Merging company

Asia takes the lead even as global IPO market shrinks

SINGAPORE/HONG KONG/SEOUL — New business listings have slowed significantly in Asia in recent months after a rapid start.

While revenue from new listings in the first quarter was 18% higher this year than in 2021, lower Asia-Pacific IPO activity in the second quarter pushed revenue for the year up as of June 14 at $50.5 billion, 26% below the total at the same time last year, according to Dealogic data.

The year has seen 356 primary new listings so far, down 31% from 2021.

By comparison, Dealogic’s global IPO count is 53% below 2021 levels, with proceeds down 72%. The United States and Europe each account for just one of the top 10 IPOs of the year, leaving Asia to dominate the top ranks.

Market turmoil stemming from Russia’s invasion of Ukraine in late February, fresh COVID outbreaks, spiraling inflation and monetary tightening have kept many IPO hopes on the sidelines in recent weeks. .

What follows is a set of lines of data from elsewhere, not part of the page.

-- ===== src/Regrw/Effects.antt =====
-- What each register function does to the hardware, access by access, and to the driver's state.
use nugpgpu.Prelude.{
  ℕ, ◌+◌, ◌≡◌, refl, ap, Bool, true, false, List, [], ◌∷◌, ◌++◌, if◌then◌else◌, ◌||◌,
}
use nugpgpu.Platform.{Width, w32, Platform}
use nugpgpu.Machine.{State, M, Event, wr, when, trace_in}
use nugpgpu.Machine.Log.{LockState, held, effects}
use nugpgpu.Machine.Log.Touches.{
  Touches, Touches-refl, Touches-trans, Touches-after, traced-Touches, io_read-Touches,
}
use nugpgpu.Wait.{pause, wait_until, wait_for_atomic, wait_for_atomic_us}
use nugpgpu.Wait.Rules.{wait_until_rel}
use nugpgpu.Regrw.{
  fpga_dbg, fpga_dbg_rm_noclaim, gtfifodbg, gt_fifo_cpu_error_mask, ecobus, forcewake_mt,
  forcewake_kernel, forcewake_ack_hsw, forcewake_ack_timeout_ms, gen6_gt_thread_status_reg,
  gen6_gt_thread_status_core_mask_hsw, masked_bit_enable, masked_bit_disable, needs_forcewake,
  raw_gpu_read, raw_gpu_write, gpu_unclaimed_reg_debug, bits_clear, bits_set, forcewake_get_now,
  forcewake_get, forcewake_put_now, forcewake_put,
}

-- The event of waking the hardware, and those of letting it sleep; a FIFO error is cleared if one
-- is found. The newest stands first.
abbrev pub wake_events : ℕ → List Event
wake_events regs = wr w32 (regs + forcewake_mt) (masked_bit_enable forcewake_kernel) ∷ []

abbrev pub fifo_events : ℕ → Bool → List Event
fifo_events regs error = if error then wr w32 (regs + gtfifodbg) gt_fifo_cpu_error_mask ∷ [] else []

abbrev pub sleep_events : ℕ → Bool → List Event
sleep_events regs error =
    fifo_events regs error
    ++ (wr w32 (regs + forcewake_mt) (masked_bit_disable forcewake_kernel) ∷ [])

abbrev pub claim_events : ℕ → Bool → List Event
claim_events regs unclaimed =
    if unclaimed then wr w32 (regs + fpga_dbg) fpga_dbg_rm_noclaim ∷ [] else []

module _ {W : Type 0} ⦃p : Platform W⦄ where
  pub pause-Touches : {l : LockState} (ms : ℕ) (s : State W) → Touches l [] s (pause ms s).1
  unfolding pause
  pause-Touches ms s = record {
    regs = refl;
    mmio_funcs = refl;
    forcewake_count = refl;
    gtt = refl;
    ring = refl;
    gtt_entry = refl;
    debug = refl;
    depth = λ _. refl;
    new = [];
    grows = refl;
    log = refl;
    lock = λ e. e;
  }

  pub raw_gpu_read-Touches :
      (w : Width) (reg : ℕ) (s : State W) → Touches held [] s (raw_gpu_read w reg s).1
  raw_gpu_read-Touches w reg s = io_read-Touches w (s.regs + reg) s

  pub raw_gpu_write-Touches :
      (w : Width) (reg val : ℕ) (s : State W) {regs : ℕ}
      → s.regs ≡ regs
      → Touches held (wr w (regs + reg) val ∷ []) s (raw_gpu_write w reg val s).1
  raw_gpu_write-Touches w reg val s e = record {
    regs = refl;
    mmio_funcs = refl;
    forcewake_count = refl;
    gtt = refl;
    ring = refl;
    gtt_entry = refl;
    debug = refl;
    depth = λ _. refl;
    new = wr w (s.regs + reg) val ∷ [];
    grows = refl;
    log = ap (λ r. wr w (r + reg) val ∷ effects s.log) e;
    lock = λ h. rw h;
  }

  wait_until-Touches :
      (cond : M W Bool)
      → ((s : State W) → Touches held [] s (cond s).1)
      → (ms w : ℕ) (s : State W) → Touches held [] s (wait_until cond ms w s).1
  wait_until-Touches cond h =
      wait_until_rel (Touches held []) Touches-refl (λ s t u. Touches-trans) pause-Touches cond h

  wait_for_atomic-Touches :
      (cond : M W Bool)
      → ((s : State W) → Touches held [] s (cond s).1)
      → (ms : ℕ) (s : State W) → Touches held [] s (wait_for_atomic cond ms s).1
  unfolding wait_for_atomic
  wait_for_atomic-Touches cond h ms s = wait_until-Touches cond h ms 0 s

  wait_for_atomic_us-Touches :
      (cond : M W Bool)
      → ((s : State W) → Touches held [] s (cond s).1)
      → (us : ℕ) (s : State W) → Touches held [] s (wait_for_atomic_us cond us s).1
  unfolding wait_for_atomic_us
  wait_for_atomic_us-Touches cond h us s = wait_until-Touches cond h _ 0 s

  forcewake_get_now-Touches :
      (s : State W) → Touches held (wake_events s.regs) s (forcewake_get_now s).1
  unfolding forcewake_get_now
  forcewake_get_now-Touches s =
      let a =
        wait_for_atomic-Touches (bits_clear forcewake_ack_hsw forcewake_kernel)
          (raw_gpu_read-Touches w32 forcewake_ack_hsw) forcewake_ack_timeout_ms s in
      let b = Touches-trans a (raw_gpu_write-Touches w32 forcewake_mt _ _ a.regs) in
      let c = Touches-trans b (raw_gpu_read-Touches w32 ecobus _) in
      let d = Touches-trans c (
        wait_for_atomic-Touches (bits_set forcewake_ack_hsw forcewake_kernel)
          (raw_gpu_read-Touches w32 forcewake_ack_hsw) forcewake_ack_timeout_ms _) in
      Touches-trans d (
        wait_for_atomic_us-Touches
          (bits_clear gen6_gt_thread_status_reg gen6_gt_thread_status_core_mask_hsw)
          (raw_gpu_read-Touches w32 gen6_gt_thread_status_reg) 500 _)

  when_write-Touches :
      (b : Bool) (reg val : ℕ) (s : State W) {regs : ℕ}
      → s.regs ≡ regs
      → Touches held
          (if b then wr w32 (regs + reg) val ∷ [] else [])
          s
          (when b (raw_gpu_write w32 reg val) s).1
  when_write-Touches true reg val s e = raw_gpu_write-Touches w32 reg val s e
  when_write-Touches false reg val s e = Touches-refl s

  forcewake_put_now-Touches :
      (s : State W)
      → (error : Bool) × Touches held (sleep_events s.regs error) s (forcewake_put_now s).1
  unfolding forcewake_put_now
  forcewake_put_now-Touches s =
      let a = raw_gpu_write-Touches w32 forcewake_mt (masked_bit_disable forcewake_kernel) s refl in
      let b = Touches-trans a (raw_gpu_read-Touches w32 ecobus _) in
      let c = Touches-trans b (raw_gpu_read-Touches w32 gtfifodbg _) in
      (_, Touches-trans c (when_write-Touches _ gtfifodbg gt_fifo_cpu_error_mask _ c.regs))

  pub gpu_unclaimed_reg_debug-Touches :
      (s : State W) {regs : ℕ}
      → s.regs ≡ regs
      → (unclaimed : Bool) × Touches held
          (claim_events regs unclaimed)
          s
          (gpu_unclaimed_reg_debug s).1
  unfolding gpu_unclaimed_reg_debug
  gpu_unclaimed_reg_debug-Touches s e =
      let a = raw_gpu_read-Touches w32 fpga_dbg s in
      (_, Touches-after a (when_write-Touches _ fpga_dbg fpga_dbg_rm_noclaim _ e))

  -- Behind its test `forcewake_get` wakes the hardware, and else it leaves it alone.
  pub forcewake_get-Touches :
      (reg : ℕ) (force : Bool) (s : State W)
      → Touches held
          (if force || needs_forcewake reg then wake_events s.regs else [])
          s
          (forcewake_get reg force s).1
  unfolding forcewake_get
  forcewake_get-Touches reg force s = traced-Touches s _ (choose (force || needs_forcewake reg))
    where
      choose :
          (b : Bool)
          → Touches held
              (if b then wake_events s.regs else [])
              (trace_in s).1
              (when b forcewake_get_now (trace_in s).1).1
      choose true = forcewake_get_now-Touches (trace_in s).1
      choose false = Touches-refl (trace_in s).1

  -- Behind its test `forcewake_put` lets the hardware sleep, and else it leaves it alone.
  pub forcewake_put-Touches :
      (reg : ℕ) (force : Bool) (s : State W)
      → (error : Bool) × Touches held
          (if force || needs_forcewake reg then sleep_events s.regs error else [])
          s
          (forcewake_put reg force s).1
  unfolding forcewake_put
  forcewake_put-Touches reg force s =
      let (error, h) = choose (force || needs_forcewake reg) in (error, traced-Touches s _ h)
    where
      choose :
          (b : Bool)
          → (error : Bool) × Touches held
              (if b then sleep_events s.regs error else [])
              (trace_in s).1
              (when b forcewake_put_now (trace_in s).1).1
      choose true = forcewake_put_now-Touches (trace_in s).1
      choose false = (false, Touches-refl (trace_in s).1)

“Many organizations have taken a ‘wait and see’ approach to economic recovery and have postponed fundraising activities due to market uncertainties,” said Eddie Wong, Hong Kong Capital Markets Services Partner for PwC. Edward Au, Deloitte’s managing partner in southern China, said his firm “now expects a sharp decline in the number of new listings and revenue generated in Hong Kong in 2022.”

PwC also cut its forecast for primary listing revenue in Hong Kong this year to between HK$180 billion ($22.93 billion) and HK$200 billion, half the level forecast at the start of the year. the year.

Hong Kong, the world’s top IPO market in 2019, is not even in the top 10 this year. The city has seen 22 major new listings so far, down 53% from last year, amassing around HK$17 billion together.

In a twist, four New York-listed Chinese companies have secured backup listings on the Hong Kong Stock Exchange “as an IPO” – a quick method in which they forgo raising new money while still protecting against a possible American ejection.

With Hong Kong’s demise, Shanghai’s STAR market has become the world’s most active IPO market, with $14.37 billion raised so far, surpassing the market’s $12.61 billion Nasdaq stock.

But the New York Stock Exchange saw twice as many new listings as STAR. New additions to the Shanghai stock exchange are down 44% from a year ago, despite the board being the only global market to have hosted two of the top 10 IPOs: Panel maker Jinko Solar and integrated circuit designer Suzhou Novosense Microelectronics. Unlike in the past, prices for most new STAR listings fell after the companies went public.

South Korea has seen a series of big companies scrap their IPO plans, including Hyundai Engineering and cybersecurity firm SK Shieldus, each seeking more than 1 trillion won ($775 million).

“We have seen investor confidence decline rapidly over the past several months due to growing uncertainty in global macroeconomic conditions,” SK Shieldus said. “We have decided not to go public anymore and to review the plan in the future when the value of the company is properly assessed. »

The Korea Stock Exchange had nine delistings, with just one new corporate listing and one for a real estate investment trust, compared to 15 IPOs last year. Still, LG Energy Solution’s $10.73 billion IPO ranks as the world’s largest so far this year, according to Dealogic.

IPO candidates have also grown nervous about other Asian markets. In Japan, trade enablement startup AnyMind Group in March canceled its listing on the Mothers section of the Tokyo Stock Exchange, which was to value the company at 60 billion yen ($446 million).

“The willingness of institutional investors to buy stocks in the secondary market is rapidly declining and the post-listing stock price is unpredictable,” an AnyMind executive said. “If the share price stagnates significantly, our capitalization policies could be called into question.”

India, meanwhile, hosted the second largest IPO in the region, with the $2.72 billion IPO of state-owned Life Insurance Corp. of India. South East Asian offerings were dominated by the $957m stock sale on GoTo’s Indonesia Stock Exchange, which was formed by the merger of ride-hailing service Gojek and e-commerce platform Tokopedia.

Despite the recent slowdown, PwC expects business in Hong Kong to return to normal levels in the second half of the year, with at least three HK$10 billion deals and twice as many in the HKD range. HK$5-10 billion.

Three share sales are currently underway, including the HK$671 million offering from intra-city logistics service GoGoX, which is expected to list on Friday.

This month, Hong Kong saw its second Special Purpose Acquisition Company (SPAC) listing. Claudius Tsang, managing director of A SPAC Holdings, plans to list another such vehicle in the city soon.

Some like Tsang believe that Chinese companies listed in New York could choose to save their position by merging with Hong Kong SPACs instead of the conventional listing route.

“As SPAC listings can provide greater valuation certainty, these companies may prefer to list through SPACs rather than the traditional route in order to meet the valuation expectations of company owners,” Au said. from Deloitte.